List each line of the data that holds the word "recv".

════════════════

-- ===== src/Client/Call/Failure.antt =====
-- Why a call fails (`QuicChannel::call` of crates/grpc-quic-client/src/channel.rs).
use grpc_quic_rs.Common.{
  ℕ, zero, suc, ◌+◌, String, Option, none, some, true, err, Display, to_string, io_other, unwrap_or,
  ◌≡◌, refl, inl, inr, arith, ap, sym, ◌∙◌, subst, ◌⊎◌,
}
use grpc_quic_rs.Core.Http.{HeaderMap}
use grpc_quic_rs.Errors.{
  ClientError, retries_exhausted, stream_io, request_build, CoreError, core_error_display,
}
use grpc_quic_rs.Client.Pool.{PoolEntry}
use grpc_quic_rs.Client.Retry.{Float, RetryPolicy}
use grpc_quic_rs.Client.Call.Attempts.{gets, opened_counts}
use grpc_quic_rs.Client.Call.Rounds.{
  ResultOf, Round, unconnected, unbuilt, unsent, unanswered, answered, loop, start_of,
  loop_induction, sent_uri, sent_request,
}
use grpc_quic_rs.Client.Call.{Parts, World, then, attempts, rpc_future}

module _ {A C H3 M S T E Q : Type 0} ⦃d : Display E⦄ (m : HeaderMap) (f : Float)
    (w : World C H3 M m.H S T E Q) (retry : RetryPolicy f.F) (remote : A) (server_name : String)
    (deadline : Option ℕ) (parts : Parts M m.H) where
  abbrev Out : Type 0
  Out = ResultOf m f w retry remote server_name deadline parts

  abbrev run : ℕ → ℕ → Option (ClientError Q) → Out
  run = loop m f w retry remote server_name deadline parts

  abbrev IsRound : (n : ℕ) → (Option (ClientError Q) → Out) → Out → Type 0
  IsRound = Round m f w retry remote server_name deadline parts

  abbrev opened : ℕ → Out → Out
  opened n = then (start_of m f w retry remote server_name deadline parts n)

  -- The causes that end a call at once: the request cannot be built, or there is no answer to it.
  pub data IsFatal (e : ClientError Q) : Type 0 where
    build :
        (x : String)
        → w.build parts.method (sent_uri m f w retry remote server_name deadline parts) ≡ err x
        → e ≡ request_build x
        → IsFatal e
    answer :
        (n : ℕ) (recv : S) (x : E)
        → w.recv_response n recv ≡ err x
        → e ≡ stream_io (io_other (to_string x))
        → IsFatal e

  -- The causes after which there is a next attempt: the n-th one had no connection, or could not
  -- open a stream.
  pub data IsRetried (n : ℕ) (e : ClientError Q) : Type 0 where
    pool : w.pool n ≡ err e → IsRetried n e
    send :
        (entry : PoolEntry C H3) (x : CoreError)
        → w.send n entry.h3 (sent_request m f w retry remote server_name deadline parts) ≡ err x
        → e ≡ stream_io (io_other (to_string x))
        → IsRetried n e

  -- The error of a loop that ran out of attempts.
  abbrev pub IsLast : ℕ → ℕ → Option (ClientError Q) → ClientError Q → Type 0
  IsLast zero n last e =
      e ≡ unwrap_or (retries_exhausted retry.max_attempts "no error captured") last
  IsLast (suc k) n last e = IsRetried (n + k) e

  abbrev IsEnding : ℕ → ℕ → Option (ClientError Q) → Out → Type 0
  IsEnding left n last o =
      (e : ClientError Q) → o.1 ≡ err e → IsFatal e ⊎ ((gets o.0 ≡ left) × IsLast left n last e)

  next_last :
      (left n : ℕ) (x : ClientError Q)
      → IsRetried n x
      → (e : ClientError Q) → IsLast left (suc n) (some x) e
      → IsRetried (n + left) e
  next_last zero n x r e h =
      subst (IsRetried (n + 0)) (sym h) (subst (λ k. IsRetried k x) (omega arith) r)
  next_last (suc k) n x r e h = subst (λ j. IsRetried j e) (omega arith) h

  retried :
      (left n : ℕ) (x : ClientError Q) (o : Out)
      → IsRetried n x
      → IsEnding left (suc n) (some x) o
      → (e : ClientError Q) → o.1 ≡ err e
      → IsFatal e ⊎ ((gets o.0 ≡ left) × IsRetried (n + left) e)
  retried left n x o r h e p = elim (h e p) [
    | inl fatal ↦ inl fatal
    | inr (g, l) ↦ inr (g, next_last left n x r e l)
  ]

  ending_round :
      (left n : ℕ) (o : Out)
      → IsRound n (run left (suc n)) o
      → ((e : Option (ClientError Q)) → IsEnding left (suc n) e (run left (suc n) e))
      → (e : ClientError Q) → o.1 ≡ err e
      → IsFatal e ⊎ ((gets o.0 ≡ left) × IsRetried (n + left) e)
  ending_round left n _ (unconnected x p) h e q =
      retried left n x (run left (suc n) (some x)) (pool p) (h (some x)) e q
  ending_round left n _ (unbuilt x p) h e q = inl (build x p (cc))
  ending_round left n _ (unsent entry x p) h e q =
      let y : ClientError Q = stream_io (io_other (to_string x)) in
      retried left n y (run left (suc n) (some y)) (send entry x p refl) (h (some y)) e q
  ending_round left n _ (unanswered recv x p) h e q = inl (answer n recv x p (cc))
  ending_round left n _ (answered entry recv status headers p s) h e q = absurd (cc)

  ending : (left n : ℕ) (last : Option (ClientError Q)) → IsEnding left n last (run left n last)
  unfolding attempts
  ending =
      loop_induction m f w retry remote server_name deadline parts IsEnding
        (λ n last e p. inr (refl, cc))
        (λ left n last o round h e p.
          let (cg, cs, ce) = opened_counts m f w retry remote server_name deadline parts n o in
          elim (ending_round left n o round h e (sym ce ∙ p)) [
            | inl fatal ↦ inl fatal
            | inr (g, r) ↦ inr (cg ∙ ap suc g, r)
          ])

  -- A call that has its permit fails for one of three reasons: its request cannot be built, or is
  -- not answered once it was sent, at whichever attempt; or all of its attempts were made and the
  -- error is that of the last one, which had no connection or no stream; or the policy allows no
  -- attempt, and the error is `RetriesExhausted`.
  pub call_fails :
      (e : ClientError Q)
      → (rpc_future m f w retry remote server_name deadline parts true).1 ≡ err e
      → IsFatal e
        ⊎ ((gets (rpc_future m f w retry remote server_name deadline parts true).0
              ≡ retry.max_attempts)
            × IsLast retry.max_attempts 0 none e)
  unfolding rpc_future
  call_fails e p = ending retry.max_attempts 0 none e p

════════════════

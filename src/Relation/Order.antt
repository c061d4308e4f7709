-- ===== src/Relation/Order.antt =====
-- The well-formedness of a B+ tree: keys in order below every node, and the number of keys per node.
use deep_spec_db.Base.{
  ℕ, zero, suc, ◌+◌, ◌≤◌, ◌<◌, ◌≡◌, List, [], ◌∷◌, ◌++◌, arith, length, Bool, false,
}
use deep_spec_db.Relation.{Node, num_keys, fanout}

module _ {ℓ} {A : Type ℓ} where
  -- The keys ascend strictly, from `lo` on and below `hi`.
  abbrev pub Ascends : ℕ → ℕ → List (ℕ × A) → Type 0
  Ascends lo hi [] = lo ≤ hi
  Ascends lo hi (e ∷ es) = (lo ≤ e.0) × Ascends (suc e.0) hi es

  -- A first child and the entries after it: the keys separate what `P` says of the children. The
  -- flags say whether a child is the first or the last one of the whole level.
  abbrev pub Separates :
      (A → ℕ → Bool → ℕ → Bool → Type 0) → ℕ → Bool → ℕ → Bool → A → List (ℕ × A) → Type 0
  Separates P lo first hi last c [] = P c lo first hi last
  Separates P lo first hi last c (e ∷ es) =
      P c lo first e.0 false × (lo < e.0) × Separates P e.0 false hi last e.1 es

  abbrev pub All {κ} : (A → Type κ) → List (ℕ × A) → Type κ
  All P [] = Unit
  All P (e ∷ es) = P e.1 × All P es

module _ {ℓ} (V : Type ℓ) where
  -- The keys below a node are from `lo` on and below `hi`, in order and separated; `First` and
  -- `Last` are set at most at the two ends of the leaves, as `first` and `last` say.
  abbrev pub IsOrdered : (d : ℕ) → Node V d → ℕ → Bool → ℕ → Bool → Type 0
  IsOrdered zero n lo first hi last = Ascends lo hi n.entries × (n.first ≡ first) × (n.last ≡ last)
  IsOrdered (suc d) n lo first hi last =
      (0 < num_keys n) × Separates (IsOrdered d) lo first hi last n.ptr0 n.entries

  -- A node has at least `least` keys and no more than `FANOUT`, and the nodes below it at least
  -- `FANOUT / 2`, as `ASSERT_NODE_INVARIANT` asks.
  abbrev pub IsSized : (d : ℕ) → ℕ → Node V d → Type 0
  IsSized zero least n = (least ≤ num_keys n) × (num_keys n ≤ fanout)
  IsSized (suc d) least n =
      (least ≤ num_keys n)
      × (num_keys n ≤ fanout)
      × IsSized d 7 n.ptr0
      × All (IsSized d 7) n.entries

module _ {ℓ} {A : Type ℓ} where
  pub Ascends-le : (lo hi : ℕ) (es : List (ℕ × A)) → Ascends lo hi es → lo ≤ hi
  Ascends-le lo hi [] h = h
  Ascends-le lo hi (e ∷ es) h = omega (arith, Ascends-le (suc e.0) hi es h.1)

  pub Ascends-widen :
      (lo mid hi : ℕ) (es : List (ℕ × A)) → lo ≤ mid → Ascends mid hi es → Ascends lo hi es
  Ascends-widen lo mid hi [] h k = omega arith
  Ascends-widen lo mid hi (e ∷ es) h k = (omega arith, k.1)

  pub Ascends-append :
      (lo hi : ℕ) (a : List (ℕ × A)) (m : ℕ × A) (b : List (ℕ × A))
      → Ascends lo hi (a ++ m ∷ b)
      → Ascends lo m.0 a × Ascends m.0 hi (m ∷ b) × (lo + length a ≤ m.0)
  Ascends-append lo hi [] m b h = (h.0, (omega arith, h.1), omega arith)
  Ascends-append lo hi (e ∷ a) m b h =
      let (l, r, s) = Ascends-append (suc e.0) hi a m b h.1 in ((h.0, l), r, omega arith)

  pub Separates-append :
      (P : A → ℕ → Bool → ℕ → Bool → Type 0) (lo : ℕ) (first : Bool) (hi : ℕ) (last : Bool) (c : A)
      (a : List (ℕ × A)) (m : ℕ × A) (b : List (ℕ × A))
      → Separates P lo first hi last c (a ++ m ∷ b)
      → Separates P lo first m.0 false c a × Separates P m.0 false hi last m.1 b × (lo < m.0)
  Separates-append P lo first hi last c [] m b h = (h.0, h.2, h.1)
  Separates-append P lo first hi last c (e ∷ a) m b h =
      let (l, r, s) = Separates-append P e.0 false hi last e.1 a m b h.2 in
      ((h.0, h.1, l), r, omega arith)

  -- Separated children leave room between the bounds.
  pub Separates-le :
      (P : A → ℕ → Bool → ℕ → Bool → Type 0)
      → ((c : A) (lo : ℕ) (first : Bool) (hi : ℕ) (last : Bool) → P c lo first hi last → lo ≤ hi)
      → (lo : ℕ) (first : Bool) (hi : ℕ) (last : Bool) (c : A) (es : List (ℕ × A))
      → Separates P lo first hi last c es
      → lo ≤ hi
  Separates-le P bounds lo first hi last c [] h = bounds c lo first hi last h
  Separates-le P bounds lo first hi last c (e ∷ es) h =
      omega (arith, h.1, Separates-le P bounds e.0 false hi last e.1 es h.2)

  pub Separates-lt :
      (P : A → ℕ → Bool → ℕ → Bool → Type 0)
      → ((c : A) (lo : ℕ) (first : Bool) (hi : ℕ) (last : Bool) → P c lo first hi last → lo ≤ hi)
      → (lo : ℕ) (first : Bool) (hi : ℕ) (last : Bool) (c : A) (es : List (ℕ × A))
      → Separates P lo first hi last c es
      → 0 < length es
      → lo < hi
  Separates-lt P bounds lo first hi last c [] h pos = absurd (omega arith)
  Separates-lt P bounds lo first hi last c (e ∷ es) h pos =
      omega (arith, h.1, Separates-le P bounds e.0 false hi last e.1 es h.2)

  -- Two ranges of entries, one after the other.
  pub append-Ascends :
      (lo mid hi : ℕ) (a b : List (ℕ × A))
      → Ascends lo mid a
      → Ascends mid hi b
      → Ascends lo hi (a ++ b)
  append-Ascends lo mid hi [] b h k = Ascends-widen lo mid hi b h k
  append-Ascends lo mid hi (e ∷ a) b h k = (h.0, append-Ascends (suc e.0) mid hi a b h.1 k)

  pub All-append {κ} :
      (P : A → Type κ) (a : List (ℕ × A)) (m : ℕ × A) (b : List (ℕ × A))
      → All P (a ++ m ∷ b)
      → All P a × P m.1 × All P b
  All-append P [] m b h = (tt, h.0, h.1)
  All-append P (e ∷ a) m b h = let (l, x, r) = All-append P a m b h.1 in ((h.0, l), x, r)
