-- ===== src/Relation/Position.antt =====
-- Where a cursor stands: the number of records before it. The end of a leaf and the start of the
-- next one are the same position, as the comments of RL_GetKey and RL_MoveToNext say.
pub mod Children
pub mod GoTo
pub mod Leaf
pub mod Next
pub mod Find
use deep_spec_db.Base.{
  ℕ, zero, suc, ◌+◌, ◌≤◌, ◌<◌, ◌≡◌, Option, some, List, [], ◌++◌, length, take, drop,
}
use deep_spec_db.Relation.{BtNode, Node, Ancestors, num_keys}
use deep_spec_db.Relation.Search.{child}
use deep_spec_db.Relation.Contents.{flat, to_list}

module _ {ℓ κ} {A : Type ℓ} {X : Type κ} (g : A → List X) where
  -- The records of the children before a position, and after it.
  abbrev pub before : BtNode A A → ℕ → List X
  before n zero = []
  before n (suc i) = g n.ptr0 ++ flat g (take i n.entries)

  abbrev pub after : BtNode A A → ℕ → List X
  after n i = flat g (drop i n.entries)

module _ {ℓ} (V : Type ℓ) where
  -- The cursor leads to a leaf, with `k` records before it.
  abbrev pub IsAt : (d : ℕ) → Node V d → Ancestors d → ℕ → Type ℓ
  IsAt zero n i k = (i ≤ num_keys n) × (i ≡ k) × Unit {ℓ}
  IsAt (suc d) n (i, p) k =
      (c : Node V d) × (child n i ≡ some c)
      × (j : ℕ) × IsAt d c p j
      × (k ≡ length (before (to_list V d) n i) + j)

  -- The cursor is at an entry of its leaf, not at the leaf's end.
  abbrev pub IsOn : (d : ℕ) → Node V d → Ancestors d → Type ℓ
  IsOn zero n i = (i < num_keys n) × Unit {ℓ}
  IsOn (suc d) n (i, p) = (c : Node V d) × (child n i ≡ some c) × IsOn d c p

════════════════

## EXERCISE ANSWER
        (n : ℕ) (recv : S) (x : E)
        → w.recv_response n recv ≡ err x
  ending_round left n _ (unanswered recv x p) h e q = inl (answer n recv x p (cc))
  ending_round left n _ (answered entry recv status headers p s) h e q = absurd (cc)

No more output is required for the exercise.